How Not to Write a Novel

By | October 20, 2013 | 2 Comments

Writing the Old Fashioned WayI just wrote a novel in possibly the hardest way possible.

Years ago, I wrote two novels. Well, both were short – one very barely qualified as novel-length and one was absolutely a novella, really. I liked both very much, one a bit more than the other. The longer one I sent to my agent with that special feeling of doomed hope and suggested it might be the next thing we go out on. I loved the longer one because it had a sense of poetry to it, a dreamy atmosphere. Plus, I loved the longer one’s creation story:

The Duchess had forced me to attend the Broadway show Mama Mia. I was reluctant, for obvious – lord, I hope they’re obvious – reasons. But I am a dutiful husband, so I went. I had this central concept for a novel in my head at the time, but couldn’t get it to coalesce into something coherent. And then, as the lights went down in the theater, I had an epiphany. I saw the first line of the story in my head: “This is the story of my father.” And it was off to the races. I wrote the longer piece quickly, easily, after that point.

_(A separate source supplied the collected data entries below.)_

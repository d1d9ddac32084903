-- ===== src/Fsm/Routes.antt =====
-- `SendEvent` only takes transitions that the table declares.
use cribe.Prelude.{
  ℕ, zero, suc, ◌≡◌, refl, subst, ◌⊎◌, inl, inr, Option, some, lookup, arith, Option-cases,
}
use cribe.Exec.{Result, ok, err, panic}
use cribe.Fsm.{
  StateType, EventType, Events, State, StateMachine, Round, stop, again, move, executed, round,
  Outcome, resume, send_event,
}

module _ {C W : Type 0} where
  -- The table leads from the current state to `next` by `event`, and `next` has an entry.
  pub record Declares (m : StateMachine C W) (event : EventType) (next : StateType) : Type 0 where
    pub source : State C W
    pub events : Events
    pub target : State C W
    pub source_entry : lookup m.curr m.states ≡ some source
    pub source_events : source.events ≡ some events
    pub transition : lookup event events ≡ some next
    pub target_entry : lookup next m.states ≡ some target

  -- A sequence of declared transitions.
  pub data Route (m : StateMachine C W) : StateMachine C W → Type 0 where
    here : Route m m
    next :
        {n : StateMachine C W} (event : EventType) (to : StateType)
        → Route m n
        → Declares n event to
        → Route m (move to n)

  machine : Round C W → StateMachine C W
  machine (stop r m w) = m
  machine (again event m w) = m

  machine-executed :
      (m : StateMachine C W) (r : Result EventType) (w : W) → machine (executed m (r, w)) ≡ m
  unfolding machine
  machine-executed m (ok event) w = ground arith
  machine-executed m (err e) w = refl
  machine-executed m (panic p) w = refl

  -- A round leaves the machine as it is, or makes one declared transition.
  round-Declares :
      (event : EventType) (c : C) (m : StateMachine C W) (w : W)
      → (machine (round event c m w) ≡ m)
        ⊎ ((to : StateType) × Declares m event to × (machine (round event c m w) ≡ move to m))
  unfolding round machine
  round-Declares event c m w = elim (Option-cases (lookup m.curr m.states)) [
    | inl e ↦ inl (rw e)
    | inr (s, e) ↦ elim (Option-cases s.events) [
      | inl n ↦ inl (rw (e, n))
      | inr (events, es) ↦ elim (Option-cases (lookup event events)) [
        | inl n ↦ inl (rw (e, es, n))
        | inr (to, t) ↦ elim (Option-cases (lookup to m.states)) [
          | inl n ↦ inl (rw (e, es, t, n))
          | inr (target, te) ↦ inr (
            to,
            record {
              source = s;
              events = events;
              target = target;
              source_entry = e;
              source_events = es;
              transition = t;
              target_entry = te;
            },
            rw (e, es, t, te)
                (let (r, w') = target.action c w in machine-executed (move to m) r w'),
          )
        ]
      ]
    ]
  ]

  join : {a b c : StateMachine C W} → Route a b → Route b c → Route a c
  join p here = p
  join p (next event to q d) = next event to (join p q) d

  round-Route :
      (event : EventType) (c : C) (m : StateMachine C W) (w : W)
      → Route m (machine (round event c m w))
  round-Route event c m w = elim (round-Declares event c m w) [
    | inl e ↦ rw e here
    | inr (to, d, e) ↦ rw e (next event to here d)
  ]

  resume-Route :
      {m m' : StateMachine C W} {r : Result (Unit {0})} {w' : W}
      (rest : EventType → StateMachine C W → W → Option (Outcome C W)) (o : Round C W)
      → Route m (machine o)
      → ((event : EventType) (n : StateMachine C W) (w : W)
          → rest event n w ≡ some (r, m', w')
          → Route n m')
      → resume rest o ≡ some (r, m', w')
      → Route m m'
  unfolding machine
  resume-Route rest (stop r n w) p ih h = subst (Route _) (cc) p
  resume-Route rest (again event n w) p ih h = join p (ih event n w h)

  -- Whatever `SendEvent` returns, the machine has followed declared transitions from where it stood.
  pub send_event-Route :
      (fuel : ℕ) (event : EventType) (c : C) (m : StateMachine C W) (w : W)
      → {r : Result (Unit {0})} {m' : StateMachine C W} {w' : W}
      → send_event fuel event c m w ≡ some (r, m', w')
      → Route m m'
  unfolding send_event
  send_event-Route zero event c m w h = cc
  send_event-Route (suc fuel) event c m w h =
      resume-Route _ (round event c m w) (round-Route event c m w)
        (λ e n v. send_event-Route fuel e c n v) h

That’s no longer the first line of the book. That line isn’t even in the book any more. But it’s there, nonetheless, even if only I can see it.

The shorter one I held back, because while I loved a lot of it even I couldn’t convince myself that a 30,000-word “novel” with a lot of padding had any chance at book publishers. The novella had a bit of juvenalia to it, but it had a clear throughline that held it together nicely.

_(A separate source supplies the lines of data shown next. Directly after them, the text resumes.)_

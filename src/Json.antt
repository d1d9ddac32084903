-- ===== src/Json.antt =====
-- Package encoding/json of the standard library, as the program uses it: the text of a value, and the
-- value that a text holds.
pub mod Runes
pub mod Quoting
pub mod Strings
pub mod Numbers
pub mod Values
pub mod Scanner
pub mod Fields
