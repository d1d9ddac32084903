-- ===== src/Localization.antt =====
-- internal/localization/func.go: the bundle of translations, which is filled when the program starts.
use cribe.Prelude.{String, Bool, Option, none, some, List, [], ◌∷◌, if◌then◌else◌}
use cribe.Exec.{Result, ok, err, panic}
use cribe.Bytes.{Bytes}

pub record Entry : Type 0 where
  pub name : String
  pub is_dir : Bool

-- The embedded files and the parser of the bundle `B`, which gives the bundle with the messages of
-- one more file.
pub record Resources (B : Type 0) : Type 0 where
  pub join : String → String → String
  pub read_dir : String → Result (List Entry)
  pub read_file : String → Result Bytes
  pub parse : B → Bytes → String → Result B

abbrev path : String
path = "resources"

-- logger.Fatalf ends the program: a panic with its text.
abbrev or_fatal {ℓ κ} : {A : Type ℓ} {B : Type κ} → String → Result A → (A → Result B) → Result B
or_fatal text (ok a) f = f a
or_fatal text (err e) f = panic text
or_fatal text (panic p) f = panic p

module _ {B : Type 0} (fs : Resources B) where
  unfoldable pub load_file : Entry → B → Result B
  load_file entry bundle =
      let name = fs.join path entry.name in
      or_fatal "fs.ReadFile" (fs.read_file name)
        λ bytes. or_fatal "unable parse localization file" (fs.parse bundle bytes name) ok

  -- for _, entry := range dir { if !entry.IsDir() { … } }
  unfoldable pub load_all : List Entry → B → Result B
  load_all [] bundle = ok bundle
  load_all (entry ∷ dir) bundle =
      or_fatal "" (if entry.is_dir then ok bundle else load_file entry bundle) (load_all dir)

  -- once.Do, of the bundle that the package has so far
  abbrev pub make_once : B → Option B → B
  make_once fresh none = fresh
  make_once fresh (some bundle) = bundle

  -- init, of the new bundle for English and the package's bundle; the result is the package's bundle.
  unfoldable pub init : B → Option B → Result (Option B)
  unfolding load_all
  init fresh made =
      or_fatal "fs.ReadDir" (fs.read_dir path)
        λ dir. or_fatal "" (load_all dir (make_once fresh made)) λ bundle. ok (some bundle)
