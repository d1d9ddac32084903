-- ===== src/Logging.antt =====
-- internal/logging/logger.go: the logger and its levels. `L` is the type of the zap library's loggers.
pub mod Once
use cribe.Exec.{Exec, ok, pure, attempt, ◌>>=◌}
use cribe.Prelude.{
  ℕ, Bool, false, Option, none, some, List, [], ◌∷◌, String, ◌≡◌, refl, ◌==◌, if◌then◌else◌,
}

pub data Level : Type 0 where
  debug_level info_level warn_level error_level dpanic_level panic_level fatal_level : Level

unfoldable pub convert_level : String → Level
convert_level level =
    if level == "debug"
    then debug_level
    else if level == "error"
    then error_level
    else if level == "info"
    then info_level
    else if level == "fatal"
    then fatal_level
    else if level == "panic"
    then panic_level
    else if level == "dpanic"
    then dpanic_level
    else if level == "warn"
    then warn_level
    else error_level

-- The encoders that zapcore offers and the logger names.
pub data Encoder : Type 0 where
  lowercase_level epoch_time seconds_duration short_caller : Encoder

pub record EncoderConfig : Type 0 where
  pub time_key : String
  pub level_key : String
  pub name_key : String
  pub caller_key : String
  pub function_key : String
  pub message_key : String
  pub stacktrace_key : String
  pub line_ending : String
  pub encode_level : Encoder
  pub encode_time : Encoder
  pub encode_duration : Encoder
  pub encode_caller : Encoder

-- zap.Config, as far as it is filled in
pub record ZapConfig : Type 0 where
  pub level : Level
  pub development : Bool
  pub sampling_initial : ℕ
  pub sampling_thereafter : ℕ
  pub encoding : String
  pub encoder_config : EncoderConfig
  pub output_paths : List String
  pub error_output_paths : List String

-- What the program calls of zap.
pub record Zap (L S : Type 0) : Type 0 where
  pub omit_key : String
  pub default_line_ending : String
  pub build : ZapConfig → Exec S L
  pub new_nop : L

abbrev output_stderr : List String
output_stderr = "stderr" ∷ []

-- The variable `defaultLogger`, which is nil until `defaultLoggerOnce` has run, and what is outside.
pub record LogState (L S : Type 0) : Type 0 where
  pub default : Option L
  pub outside : S

module _ {L S : Type 0} (zap : Zap L S) where
  unfoldable pub encoder_config : EncoderConfig
  encoder_config = record {
    time_key = "ts";
    level_key = "level";
    name_key = "logger";
    caller_key = "caller";
    function_key = zap.omit_key;
    message_key = "msg";
    stacktrace_key = "stacktrace";
    line_ending = zap.default_line_ending;
    encode_level = lowercase_level;
    encode_time = epoch_time;
    encode_duration = seconds_duration;
    encode_caller = short_caller;
  }

  -- A configuration that cannot be built gives a logger that does nothing.
  unfoldable pub new_logger : String → Exec S L
  unfolding convert_level encoder_config
  new_logger level =
      attempt
        (zap.build (record {
          level = convert_level level;
          development = false;
          sampling_initial = 250;
          sampling_thereafter = 250;
          encoding = "json";
          encoder_config = encoder_config;
          output_paths = output_stderr;
          error_output_paths = output_stderr;
        }))
        (λ e. pure zap.new_nop) pure

  abbrev outside : Exec S L → Exec (LogState L S) L
  outside m s = let (r, t) = m s.outside in (r, record s { outside = t })

  abbrev keep : L → Exec (LogState L S) L
  keep logger s = (ok logger, record s { default = some logger })

  abbrev once : Option L → Exec (LogState L S) L
  once (some logger) = pure logger
  once none = outside (new_logger "") >>= keep

  unfoldable pub default_logger : Exec (LogState L S) L
  unfolding new_logger
  default_logger s = once s.default s

  -- A context is the value under `loggerKey`, where it is a logger.
  unfoldable pub with_logger : Option L → L → Option L
  with_logger ctx logger = some logger

  unfoldable pub from_context : Option L → Exec (LogState L S) L
  unfolding default_logger
  from_context (some logger) = pure logger
  from_context none = default_logger

warn_test : convert_level "warn" ≡ warn_level
unfolding convert_level
warn_test = refl

-- A name of no level
unknown_test : convert_level "trace" ≡ error_level
unfolding convert_level
unknown_test = refl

My agent, god love her, read the longer one and sent back her notes, which made a crucial point: There wasn’t much of a story arc. No real conflict, no climax. It was a story, sure, but it was kind of a flatline if you plotted the events.

So, I pondered. Other stuff happened.

Recently, I revisited the longer work and now it was apparent that my agent, whose sulfurous fumes still clung to the digital pages, was absolutely right: I had written a novel in which very little happened. Then I considered the shorter work from the same period, which had stayed in my imagination. It was a a bony, skeletal thing, which was about 1/3 padding as I meandered about the universe I’d created trying desperately to find details — but it had a definite plot, a mystery and a climax. It had a point.

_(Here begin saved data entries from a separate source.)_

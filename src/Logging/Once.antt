-- ===== src/Logging/Once.antt =====
-- The default logger is built once.
use cribe.Prelude.{Option, none, ◌≡◌, arith}
use cribe.Exec.{ok}
use cribe.Logging.{Zap, LogState, new_logger, default_logger, with_logger, from_context}

module _ {L S : Type 0} (zap : Zap L S) where
  -- A logger that was put in a context is the one that is used. A context without one gives the
  -- default logger, which stays the same and is not built again, for any such context that follows.
  pub from_context-once :
      (ctx : Option L) (mine logger : L) (s : LogState L S)
      → (from_context zap none s).0 ≡ ok logger
      → let t = (from_context zap none s).1 in
        (from_context zap (with_logger zap ctx mine) t ≡ (ok mine, t))
        × (from_context zap none t ≡ (ok logger, t))
  unfolding from_context with_logger default_logger new_logger
  from_context-once ctx mine logger s h = ground arith
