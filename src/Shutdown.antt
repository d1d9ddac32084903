-- ===== src/Shutdown.antt =====
-- internal/shutdown/context.go: a context that a signal cancels. The channel holds one signal; the
-- goroutine waits for it or for the end of the context.
pub mod Signals
use cribe.Prelude.{Bool, true, false, Option, none, some, List, [], ◌∷◌, ◌≡◌, ◌||◌, if◌then◌else◌}

pub data Signal : Type 0 where
  sigint sigterm other : Signal

abbrev pub same_signal : Signal → Signal → Bool
same_signal sigint sigint = true
same_signal sigterm sigterm = true
same_signal other other = true
same_signal _ _ = false

abbrev pub listed : Signal → List Signal → Bool
listed s [] = false
listed s (x ∷ xs) = same_signal x s || listed s xs

-- `received` tells whether a listed signal came and `closed` whether the closer was called, for the
-- theorems.
pub record Interrupt : Type 0 where
  pub signals : List Signal
  pub parent_done : Bool
  pub cancelled : Bool
  pub buffer : Option Signal
  pub watching : Bool
  pub received : Bool
  pub closed : Bool

-- InterruptContext(ctx, signals...), of a context that is not done
unfoldable pub interrupt_context : List Signal → Interrupt
interrupt_context signals = record {
  signals = signals;
  parent_done = false;
  cancelled = false;
  buffer = none;
  watching = true;
  received = false;
  closed = false;
}

-- New(): its parent, the background, is never done, so no step of it ends the parent.
unfoldable pub new : Interrupt
unfolding interrupt_context
new = interrupt_context (sigint ∷ sigterm ∷ [])

-- signal.Notify does not wait: where the buffer is full, the signal is dropped.
abbrev buffered : Option Signal → Signal → Option Signal
buffered none s = some s
buffered (some t) s = some t

pub data Step (i : Interrupt) : Interrupt → Type 0 where
  signal :
      (s : Signal)
      → listed s i.signals ≡ true
      → Step i (record i { buffer = buffered i.buffer s; received = true })
  -- case <-c: closer()
  takes :
      (s : Signal)
      → i.watching ≡ true
      → i.buffer ≡ some s
      → Step i (record i { buffer = none; watching = false; cancelled = true })
  -- case <-ctx.Done():
  gives_up : i.watching ≡ true → i.cancelled ≡ true → Step i (record i { watching = false })
  -- The closer that `InterruptContext` returns.
  closes : Step i (record i { cancelled = true; closed = true })
  ends : Step i (record i { cancelled = true; parent_done = true })

pub data Reach (from : Interrupt) : Interrupt → Type 0 where
  here : Reach from from
  next : {i j : Interrupt} → Reach from i → Step i j → Reach from j
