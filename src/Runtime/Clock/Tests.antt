-- ===== src/Runtime/Clock/Tests.antt =====
-- clock.rs: two deadlines, one of them woken by an advance.
use easycon_sdk.Common.{◌≡◌, refl, true, List, [], ◌∷◌, arith}
use easycon_sdk.Runtime.Clock.{new_clock}
use easycon_sdk.Runtime.Clock.Woken.{
  Call, to_time, registers, dispatches, step, run, IsClock, run-IsClock,
}

abbrev some_calls : List Call
some_calls = registers 30 ∷ registers 20 ∷ registers 5 ∷ to_time 40 ∷ dispatches 2 41 ∷ []

-- The third is due at once; the advance wakes the others by their targets.
wakes_in_order : (run (λ h. true) some_calls (new_clock 10)).wake_order ≡ 3 ∷ 2 ∷ 1 ∷ []
unfolding run step
wakes_in_order = refl

run-IsClock_example : IsClock 0 (run (λ h. true) some_calls (new_clock 10))
run-IsClock_example = run-IsClock (λ h. true) some_calls 10 (omega arith)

I re-read both and had an epiphany: Written so closely together temporally, they were actually parts of the same story. They shared elements and atmosphere and, if I’m being honest, characters as I recycled them from one to the other. I had a longer, fleshy piece that was all character and setting and backstory, and a shorter, bony piece that was like a fucking plot outline. The answer was obvious: Combine them.

A lot easier than I would have expected. I really had written a novel in two parts, months apart, without even realizing it. I’m either a genius or a drunken moron, take your pick. They fit together so seamlessly if you didn’t know the story behind the new novel you’d never guess. You can’t see the scars as the stitching healed. The slight limp as it walks about on two legs of microscopically different lengths just give its gait some character.

I have no idea if we’ll ever sell this beast, but regardless I’m pleased. And also amazed at the way the brain works. And once again reminded of the value of a great agent.